100. The method of any one of claims 97-99, wherein the siRNA down regulates target gene expression in the cell.

101. The method of claim 100, wherein the down-regulation of the target gene expression results in a reduction of about 99%, 90% -99%, 50% -90%, or 10% -50%.

102. The method of claim 100, wherein the target gene is GYS1.
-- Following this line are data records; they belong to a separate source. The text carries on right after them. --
-- ===== src/Evaluator/Acceptance.antt =====
-- When the gate passes, and what a scanner that did not pass does to it.
use skill_kernel.Base.{
  String, str_eq, str_eq_iff, Bool, true, false, List, [], ◌∷◌, ◌++◌, Option, ◌≡◌, ◌<◌, refl, sym,
  subst, ap, ◌∙◌, map, ◌⊎◌, inl, inr, arith, All, any, filterb, countb, Bool-cases, Fields, get,
  returned, returned-parts,
}
use skill_kernel.Evaluator.Runtime.{
  Runtime, Probe, ProbeEvaluation, Status, is_failed, is_stalled, elements,
}
use skill_kernel.Evaluator.Probes.{evaluate_probe}
use skill_kernel.Evaluator.Replay.{ReplayMetrics}
use skill_kernel.Evaluator.Metrics.{
  AcceptanceMetrics, acceptance_metrics, acceptance_policy_reason_codes, did_fail, of_kind,
  pass_rate, code_if, metrics_of, replay_metrics, replay_of, has_replay,
}
use skill_kernel.Evaluator.Gate.{
  did_stall, ProposalGateEvaluation, evaluate_probes, verify_deterministically, score_by_policy,
  Score, score_of, score_outcome, gate_of, evaluate,
}
use skill_kernel.Evaluator.Verdicts.{is_blocked, Unblocked, Verdict, evaluate_probe-Verdict}

pub returned-injective : {r s : List ProbeEvaluation} → returned r ≡ returned s → r ≡ s
returned-injective h = cc

returned_gate-injective : {r s : ProposalGateEvaluation} → returned r ≡ returned s → r ≡ s
returned_gate-injective h = cc

module _ (rt : Runtime) (skill_ir : Fields) (executor : Option String) where
  evaluate_probes-Unblocked :
      (probes : List Probe) (rs : List ProbeEvaluation)
      → evaluate_probes rt skill_ir executor probes ≡ returned rs
      → All Unblocked rs
  unfolding evaluate_probes
  evaluate_probes-Unblocked [] rs ran = subst (All Unblocked) (returned-injective ran) tt
  evaluate_probes-Unblocked (p ∷ ps) rs ran =
      let (r, e, h) = returned-parts (evaluate_probe rt skill_ir executor p) _ ran in
      let (qs, e', h') = returned-parts (evaluate_probes rt skill_ir executor ps) _ h in
      subst (All Unblocked) (returned-injective h') (
        subst Verdict e (evaluate_probe-Verdict rt skill_ir executor p),
        evaluate_probes-Unblocked ps qs e',
      )

-- The results of a gate, and how the gate is made of them.
module _ (rt : Runtime) (skill_ir : Fields) (scanner_status : String) (probes : List Probe)
    (executor : Option String) (g : ProposalGateEvaluation)
    (ran : evaluate rt skill_ir scanner_status probes executor ≡ returned g) where
  pub evaluate-parts :
      (rs : List ProbeEvaluation) × (verify_deterministically rt skill_ir scanner_status executor
          probes
        ≡ returned rs)
      × (score : Score) × (score_outcome rt scanner_status probes rs ≡ returned score)
      × (gate_of executor score rs ≡ g)
  unfolding evaluate
  evaluate-parts =
      let (es, e, h) = returned-parts (elements rt (get "evidence_ids" skill_ir)) _ ran in
      let (rs, e', h') =
        returned-parts (verify_deterministically rt skill_ir scanner_status executor probes) _ h in
      let (score, e'', h'') = returned-parts (score_outcome rt scanner_status probes rs) _ h' in
      (rs, e', score, e'', returned_gate-injective h'')

-- Neither failed, nor stalled, nor blocked is passed.
status_passed :
    (st : Status)
    → is_blocked st ≡ false
    → is_failed st ≡ false
    → is_stalled st ≡ false
    → st ≡ Status.passed
status_passed Status.passed b f s = refl
status_passed Status.failed b f s = cc
status_passed Status.needs_intervention b f s = cc
status_passed Status.blocked b f s = cc

All-passed :
    (rs : List ProbeEvaluation)
    → All Unblocked rs
    → any did_fail rs ≡ false
    → any did_stall rs ≡ false
    → All (λ r. r.status ≡ Status.passed) rs
All-passed [] u f s = tt
All-passed (r ∷ rs) u f s = (
  status_passed r.status u.0 (ground arith) (ground arith),
  All-passed rs u.1 (ground arith) (ground arith),
)

record Passing (rt : Runtime) (rs : List ProbeEvaluation) (metrics : AcceptanceMetrics)
    : Type 0 where
  none_failed : any did_fail rs ≡ false
  none_stalled : any did_stall rs ≡ false
  no_codes : acceptance_policy_reason_codes rt metrics ≡ []

score_by_policy-passed :
    (metrics : AcceptanceMetrics) (codes : List String)
    → (score_by_policy metrics codes).status ≡ Status.passed
    → codes ≡ []
score_by_policy-passed metrics [] h = refl
score_by_policy-passed metrics (c ∷ cs) h = cc

score_of-passed :
    (rt : Runtime) (rs : List ProbeEvaluation) (metrics : AcceptanceMetrics)
    → (score_of rt rs metrics).status ≡ Status.passed
    → Passing rt rs metrics
unfolding score_of
score_of-passed rt rs metrics h = elim (Bool-cases (any did_fail rs)) [
  | inl fails ↦ let e : Status.failed ≡ Status.passed = rw fails at h in cc
  | inr fails ↦ elim (Bool-cases (any did_stall rs)) [
    | inl stalls ↦ let e : Status.needs_intervention ≡ Status.passed = rw (fails, stalls) at h in cc
    | inr stalls ↦ record {
      none_failed = fails;
      none_stalled = stalls;
      no_codes = score_by_policy-passed metrics _ (rw (fails, stalls) at h);
    }
  ]
]

score_by_policy-metrics :
    (metrics : AcceptanceMetrics) (codes : List String)
    → (score_by_policy metrics codes).metrics ≡ metrics
score_by_policy-metrics metrics [] = refl
score_by_policy-metrics metrics (c ∷ cs) = refl

score_of-metrics :
    (rt : Runtime) (rs : List ProbeEvaluation) (metrics : AcceptanceMetrics)
    → (score_of rt rs metrics).metrics ≡ metrics
unfolding score_of
score_of-metrics rt rs metrics = elim (Bool-cases (any did_fail rs)) [
  | inl fails ↦ rw fails refl
  | inr fails ↦ elim (Bool-cases (any did_stall rs)) [
    | inl stalls ↦ rw (fails, stalls) refl
    | inr stalls ↦
        rw (fails, stalls)
          (score_by_policy-metrics metrics (acceptance_policy_reason_codes rt metrics))
  ]
]

returned_score-injective : {r s : Score} → returned r ≡ returned s → r ≡ s
returned_score-injective h = cc

-- The metrics that a score of a scanned candidate is made of.
pub score_outcome-scanned :
    (rt : Runtime) (scanner_status : String) (probes : List Probe) (rs : List ProbeEvaluation)
    (score : Score)
    → str_eq scanner_status "passed" ≡ true
    → score_outcome rt scanner_status probes rs ≡ returned score
    → (metrics : AcceptanceMetrics) × (acceptance_metrics rt rs probes ≡ returned metrics)
      × (score_of rt rs metrics ≡ score)
unfolding score_outcome
score_outcome-scanned rt scanner_status probes rs score ok h =
    let (metrics, e, made) =
      returned-parts (acceptance_metrics rt rs probes) _ (rw (ok, score_outcome) at h) in
    (metrics, e, returned_score-injective made)

-- A candidate that was not scanned is blocked.
pub score_outcome-unscanned :
    (rt : Runtime) (scanner_status : String) (probes : List Probe) (rs : List ProbeEvaluation)
    (score : Score)
    → str_eq scanner_status "passed" ≡ false
    → score_outcome rt scanner_status probes rs ≡ returned score
    → (score.status ≡ Status.blocked) × (score.reason_codes ≡ "scanner-blocked" ∷ [])
unfolding score_outcome
score_outcome-unscanned rt scanner_status probes rs score bad h =
    let (metrics, e, made) =
      returned-parts (acceptance_metrics rt [] []) _ (rw (bad, score_outcome) at h) in
    let same : _ ≡ score = returned_score-injective made in
    (ap (λ s. s.status) (sym same), ap (λ s. s.reason_codes) (sym same))

filterb-countb :
    (p : ProbeEvaluation → Bool) (rs : List ProbeEvaluation)
    → (filterb p rs ≡ []) ⊎ (0 < countb p rs)
filterb-countb p [] = inl refl
filterb-countb p (r ∷ rs) = elim (Bool-cases (p r)) [
  | inl good ↦ inr (rw good (omega arith))
  | inr bad ↦ elim (filterb-countb p rs) [ inl e ↦ inl (rw (bad, e)) | inr h ↦ inr (rw bad h) ]
]

head_code :
    (rt : Runtime) (b : Bool) (code : String) (rest : List String)
    → code_if rt b code ++ rest ≡ []
    → b ≡ false
head_code rt true code rest h = cc
head_code rt false code rest h = refl

-- A target rate that is high enough is no rate of an empty list.
rate-In :
    (rt : Runtime) (rs : List ProbeEvaluation) (replays : List ReplayMetrics)
    → rt.less (rt.round6 (rt.milli 0)) (rt.milli 850) ≡ true
    → acceptance_policy_reason_codes rt (metrics_of rt rs replays) ≡ []
    → 0 < countb (of_kind "target") rs
unfolding acceptance_policy_reason_codes metrics_of pass_rate
rate-In rt rs replays low ok = elim (filterb-countb (of_kind "target") rs) [
  | inr h ↦ h
  | inl none_left ↦
      let high : rt.less (rt.round6 (pass_rate rt (filterb (of_kind "target") rs))) (rt.milli 850)
          ≡ false =
        head_code rt
          (rt.less (rt.round6 (pass_rate rt (filterb (of_kind "target") rs))) (rt.milli 850)) _ _
          ok in
      let high' : rt.less (rt.round6 (rt.milli 0)) (rt.milli 850) ≡ false =
        subst (λ l. rt.less (rt.round6 (pass_rate rt l)) (rt.milli 850) ≡ false) none_left high in
      cc
]

returned_metrics-injective : {r s : AcceptanceMetrics} → returned r ≡ returned s → r ≡ s
returned_metrics-injective h = cc

-- The metrics are made of the results and of the replays of the probes.
pub acceptance_metrics-parts :
    (rt : Runtime) (rs : List ProbeEvaluation) (probes : List Probe) (metrics : AcceptanceMetrics)
    → acceptance_metrics rt rs probes ≡ returned metrics
    → (replays : List ReplayMetrics) × (metrics_of rt rs replays ≡ metrics)
unfolding acceptance_metrics
acceptance_metrics-parts rt rs probes metrics h =
    let (replays, e, made) =
      returned-parts (replay_metrics rt (map replay_of (filterb has_replay probes))) _ h in
    (replays, returned_metrics-injective made)

target-In :
    (rt : Runtime) (rs : List ProbeEvaluation) (probes : List Probe) (metrics : AcceptanceMetrics)
    → rt.less (rt.round6 (rt.milli 0)) (rt.milli 850) ≡ true
    → acceptance_metrics rt rs probes ≡ returned metrics
    → acceptance_policy_reason_codes rt metrics ≡ []
    → 0 < countb (of_kind "target") rs
target-In rt rs probes metrics low computed ok =
    let (replays, made) = acceptance_metrics-parts rt rs probes metrics computed in
    rate-In rt rs replays low (subst (λ m. acceptance_policy_reason_codes rt m ≡ []) (sym made) ok)

-- The gate passes only what the scanner passed, where every probe passed, there is a target probe,
-- and the metrics, which are those of the results and the probes, give no reason against it; that
-- 0.0, rounded, is below 0.85 is the hypothesis on floats.
pub evaluate-passed :
    (rt : Runtime) (skill_ir : Fields) (scanner_status : String) (probes : List Probe)
    (executor : Option String) (g : ProposalGateEvaluation)
    → rt.less (rt.round6 (rt.milli 0)) (rt.milli 850) ≡ true
    → evaluate rt skill_ir scanner_status probes executor ≡ returned g
    → g.status ≡ Status.passed
    → (scanner_status ≡ "passed")
      × All (λ r. r.status ≡ Status.passed) g.probe_results
      × (0 < countb (of_kind "target") g.probe_results)
      × (acceptance_metrics rt g.probe_results probes ≡ returned g.metrics)
      × (acceptance_policy_reason_codes rt g.metrics ≡ [])
unfolding verify_deterministically
evaluate-passed rt skill_ir scanner_status probes executor g low ran ok =
    let (rs, e, score, scored, made) =
      evaluate-parts rt skill_ir scanner_status probes executor g ran in
    let fine : score.status ≡ Status.passed = subst (λ x. x.status ≡ Status.passed) (sym made) ok in
    elim (Bool-cases (str_eq scanner_status "passed")) [
      | inr bad ↦
          let h = score_outcome-unscanned rt scanner_status probes rs score bad scored in
          let e : Status.blocked ≡ Status.passed = sym h.0 ∙ fine in cc
      | inl scan_ok ↦
          let (metrics, computed, same) =
            score_outcome-scanned rt scanner_status probes rs score scan_ok scored in
          let all_good : Passing rt rs metrics =
            score_of-passed rt rs metrics (subst (λ x. x.status ≡ Status.passed) (sym same) fine) in
          let is_metrics : metrics ≡ score.metrics =
            sym (score_of-metrics rt rs metrics) ∙ ap (λ s. s.metrics) same in
          subst
            (λ x.
              (scanner_status ≡ "passed")
              × All (λ r. r.status ≡ Status.passed) x.probe_results
              × (0 < countb (of_kind "target") x.probe_results)
              × (acceptance_metrics rt x.probe_results probes ≡ returned x.metrics)
              × (acceptance_policy_reason_codes rt x.metrics ≡ []))
            made
            (
              (str_eq_iff scanner_status "passed").0 scan_ok,
              All-passed rs
                  (evaluate_probes-Unblocked rt skill_ir executor probes rs (rw scan_ok at e))
                  all_good.none_failed all_good.none_stalled,
              target-In rt rs probes metrics low computed all_good.no_codes,
              computed ∙ ap (λ m. returned m) is_metrics,
              subst (λ m. acceptance_policy_reason_codes rt m ≡ []) is_metrics all_good.no_codes,
            )
    ]
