-- ===== src/Evaluator/Assurance.antt =====
-- Hard failures, soft misses and the reason codes of the gate.
use Prim.Native.String.{◌++◌ as append_text}
use skill_kernel.Base.{
  String, str_eq, str_eq_iff, Bool, true, false, ◌&&◌, ◌||◌, List, [], ◌∷◌, ◌++◌, map, Option, ◌≡◌,
  refl, sym, subst, inl, inr, arith, All, any, filterb, is_empty, Bool-cases, Fields, distinct_from,
  returned,
}
use skill_kernel.Evaluator.Runtime.{Runtime, Probe, ProbeEvaluation, Status}
use skill_kernel.Evaluator.Metrics.{AcceptanceMetrics, did_fail, of_kind}
use skill_kernel.Evaluator.Gate.{
  ProposalGateEvaluation, verify_deterministically, blocked_result, Score, gate_of, evaluate,
  dedupe, is_hard_code, is_text, failure_codes, hard_invariant_failures, soft_threshold_misses,
  autonomy_assurance,
}
use skill_kernel.Evaluator.Acceptance.{evaluate-parts, score_outcome-unscanned, returned-injective}

-- A failed probe of a kind that is a hard invariant.
abbrev pub breaks_invariant : ProbeEvaluation → Bool
breaks_invariant r = did_fail r && (of_kind "regression" r || of_kind "adversarial" r)

any-filterb :
    (p : String → Bool) (xs : List String) → is_empty (filterb p xs) ≡ true → any p xs ≡ false
any-filterb p [] h = refl
any-filterb p (x ∷ xs) h = elim (Bool-cases (p x)) [
  | inl good ↦ let e : false ≡ true = rw good at h in cc
  | inr bad ↦ rw bad (any-filterb p xs (rw bad at h))
]

distinct_from-is_empty :
    (xs : List String) → is_empty (distinct_from str_eq [] xs) ≡ true → is_empty xs ≡ true
distinct_from-is_empty [] h = refl
distinct_from-is_empty (x ∷ xs) h = cc

dedupe-is_empty : (xs : List String) → is_empty (dedupe xs) ≡ true → any is_text xs ≡ false
unfolding dedupe
dedupe-is_empty xs h = any-filterb is_text xs (distinct_from-is_empty (filterb is_text xs) h)

any_left : (p : String → Bool) (xs ys : List String) → any p (xs ++ ys) ≡ false → any p xs ≡ false
any_left p [] ys h = refl
any_left p (x ∷ xs) ys h = ground (arith, any_left p xs ys)

any_right : (p : String → Bool) (xs ys : List String) → any p (xs ++ ys) ≡ false → any p ys ≡ false
any_right p [] ys h = h
any_right p (x ∷ xs) ys h = any_right p xs ys (ground arith)

hard_code-is_text : (c : String) → is_hard_code c ≡ true → is_text c ≡ true
hard_code-is_text c h = elim (Bool-cases (str_eq c "")) [
  | inr full ↦ rw full
  | inl bare ↦
      let e : is_hard_code "" ≡ true =
        subst (λ s. is_hard_code s ≡ true) ((str_eq_iff c "").0 bare) h in
      let e' : false ≡ true = e in cc
]

no_hard_code :
    (codes : List String)
    → any is_text (filterb is_hard_code codes) ≡ false
    → any is_hard_code codes ≡ false
no_hard_code [] h = refl
no_hard_code (c ∷ cs) h = elim (Bool-cases (is_hard_code c)) [
  | inl hard ↦
      let h' : (is_text c || any is_text (filterb is_hard_code cs)) ≡ false = rw hard at h in
      let t : is_text c ≡ true = hard_code-is_text c hard in ground arith
  | inr soft ↦ rw soft (no_hard_code cs (rw soft at h))
]

kind_text :
    (k : String)
    → (str_eq k "regression" || str_eq k "adversarial") ≡ true
    → is_text (append_text k "-probe-failed") ≡ true
kind_text k h = elim (Bool-cases (str_eq k "regression")) [
  | inl same ↦
      subst (λ s. is_text (append_text s "-probe-failed") ≡ true)
        (sym ((str_eq_iff k "regression").0 same)) refl
  | inr other ↦
      subst (λ s. is_text (append_text s "-probe-failed") ≡ true)
        (sym ((str_eq_iff k "adversarial").0 (ground arith))) refl
]

no_invariant_broken :
    (rs : List ProbeEvaluation)
    → any is_text (failure_codes "regression" "adversarial" "-probe-failed" rs) ≡ false
    → any breaks_invariant rs ≡ false
unfolding failure_codes
no_invariant_broken [] h = refl
no_invariant_broken (r ∷ rs) h = elim (Bool-cases (breaks_invariant r)) [
  | inr fine ↦ rw fine (no_invariant_broken rs (rw fine at h))
  | inl broken ↦
      let t : is_text (append_text r.kind "-probe-failed") ≡ true =
        kind_text r.kind (ground arith) in
      let h' : (is_text (append_text r.kind "-probe-failed")
            || any is_text (failure_codes "regression" "adversarial" "-probe-failed" rs))
          ≡ false =
        rw broken at h in
      ground arith
]

-- A gate is a candidate for a threshold deadlock only where no failed probe is a regression or
-- adversarial one, no reason code is a hard invariant, and some soft threshold was missed.
pub autonomy_assurance-candidate :
    (status : Status) (rs : List ProbeEvaluation) (codes : List String)
    (metrics : AcceptanceMetrics)
    → (autonomy_assurance status rs codes metrics).threshold_deadlock_candidate ≡ true
    → (any breaks_invariant rs ≡ false)
      × (any is_hard_code codes ≡ false)
      × (is_empty (soft_threshold_misses status rs codes) ≡ false)
unfolding autonomy_assurance hard_invariant_failures
autonomy_assurance-candidate status rs codes metrics candidate =
    let no_hard : is_empty (hard_invariant_failures rs codes) ≡ true = ground arith in
    let quiet : any is_text (
          filterb is_hard_code codes ++ failure_codes "regression" "adversarial" "-probe-failed" rs)
        ≡ false =
      dedupe-is_empty _ no_hard in
    (
      no_invariant_broken rs (any_right is_text (filterb is_hard_code codes) _ quiet),
      no_hard_code codes (any_left is_text (filterb is_hard_code codes) _ quiet),
      ground arith,
    )

blocked_failures :
    (rt : Runtime) (executor : Option String) (kind kind' suffix : String) (probes : List Probe)
    → failure_codes kind kind' suffix (map (blocked_result rt executor) probes) ≡ []
unfolding failure_codes blocked_result
blocked_failures rt executor kind kind' suffix [] = refl
blocked_failures rt executor kind kind' suffix (p ∷ ps) =
    blocked_failures rt executor kind kind' suffix ps

All-blocked :
    (rt : Runtime) (executor : Option String) (probes : List Probe)
    → All (λ r. r.status ≡ Status.blocked) (map (blocked_result rt executor) probes)
unfolding blocked_result
All-blocked rt executor [] = tt
All-blocked rt executor (p ∷ ps) = (refl, All-blocked rt executor ps)

-- Blocked, with every probe, by the scan alone, which is the one hard failure, and no candidate for
-- a threshold deadlock.
abbrev pub Blocked : ProposalGateEvaluation → Type 0
Blocked g =
    (g.status ≡ Status.blocked)
    × All (λ r. r.status ≡ Status.blocked) g.probe_results
    × (g.reason_codes ≡ "scanner-blocked" ∷ [])
    × (g.assurance.hard_failures ≡ "scanner-blocked" ∷ [])
    × (g.assurance.threshold_deadlock_candidate ≡ false)

Blocked-gate :
    (rt : Runtime) (probes : List Probe) (executor : Option String) (score : Score)
    → score.status ≡ Status.blocked
    → score.reason_codes ≡ "scanner-blocked" ∷ []
    → Blocked (gate_of executor score (map (blocked_result rt executor) probes))
unfolding autonomy_assurance hard_invariant_failures dedupe
Blocked-gate rt probes executor score stopped reasons =
    let none_failed =
      blocked_failures rt executor "regression" "adversarial" "-probe-failed" probes in
    (
      stopped,
      All-blocked rt executor probes,
      reasons,
      rw (reasons, none_failed) refl,
      rw reasons (ground arith),
    )

-- A gate whose scanner status is not that it passed is blocked, with every probe, for that reason
-- alone; the scan is its one hard failure and it is no candidate for a threshold deadlock.
pub evaluate-Blocked :
    (rt : Runtime) (skill_ir : Fields) (scanner_status : String) (probes : List Probe)
    (executor : Option String) (g : ProposalGateEvaluation)
    → str_eq scanner_status "passed" ≡ false
    → evaluate rt skill_ir scanner_status probes executor ≡ returned g
    → Blocked g
unfolding verify_deterministically
evaluate-Blocked rt skill_ir scanner_status probes executor g bad ran =
    let (rs, e, score, scored, made) =
      evaluate-parts rt skill_ir scanner_status probes executor g ran in
    let (stopped, reasons) = score_outcome-unscanned rt scanner_status probes rs score bad scored in
    let same : map (blocked_result rt executor) probes ≡ rs = returned-injective (rw bad at e) in
    subst Blocked made (
      subst (λ l. Blocked (gate_of executor score l)) same
        (Blocked-gate rt probes executor score stopped reasons))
103. The method of claim 102, wherein the GYS1 has a mutation.

104. The method of claims 100-103, wherein the reduced target genes and proteins result in a reduction in glycogen.

105. The method of claim 104, wherein the glycogen reduction results in an improvement in a disease state, such as pompe disease and any glycogen storage disease.

106. The method of claims 91-93, wherein the glycogen storage disease is selected from the group consisting of: the symptoms include a deficiency in either koris or fobrosis (GSD 3, glycogen debranching enzyme (AGL), macdelid (GSD 5, myoglycogen Phosphorylase (PYGM), type II diabetes/diabetic nephropathy, aldolase a deficiency in GSD12, raffinosis, hypoxia, anderson disease (GSD 4, glycogen debranching enzyme (GBE 1), tarry disease (GSD 7, myophosphofructokinase (PFKM) deficiency), adult glucan, glycogen synthase (GYS 2) deficiency (GSD 0), glucose-6-phosphatase (G6 PC/SLC37 A4) deficiency (GSD 1, feng Jier G), helson's disease (GSD 6, hepato-Phosphorylase (PYGL) or phosphoglycerate mutase (PGAM 2), phosphorylase kinase (PHKB/PHKG 2/PHKA 1) deficiency (GSD 9), phosphoglycerate kinase (pgd 2), phosphoglycerate kinase (pgd 10), dysglucurokinase (GSD 1) deficiency in G6PC/SLC37 A4), and (GSD 1-gld 1, G1-45G 2 deficiency (gld 1).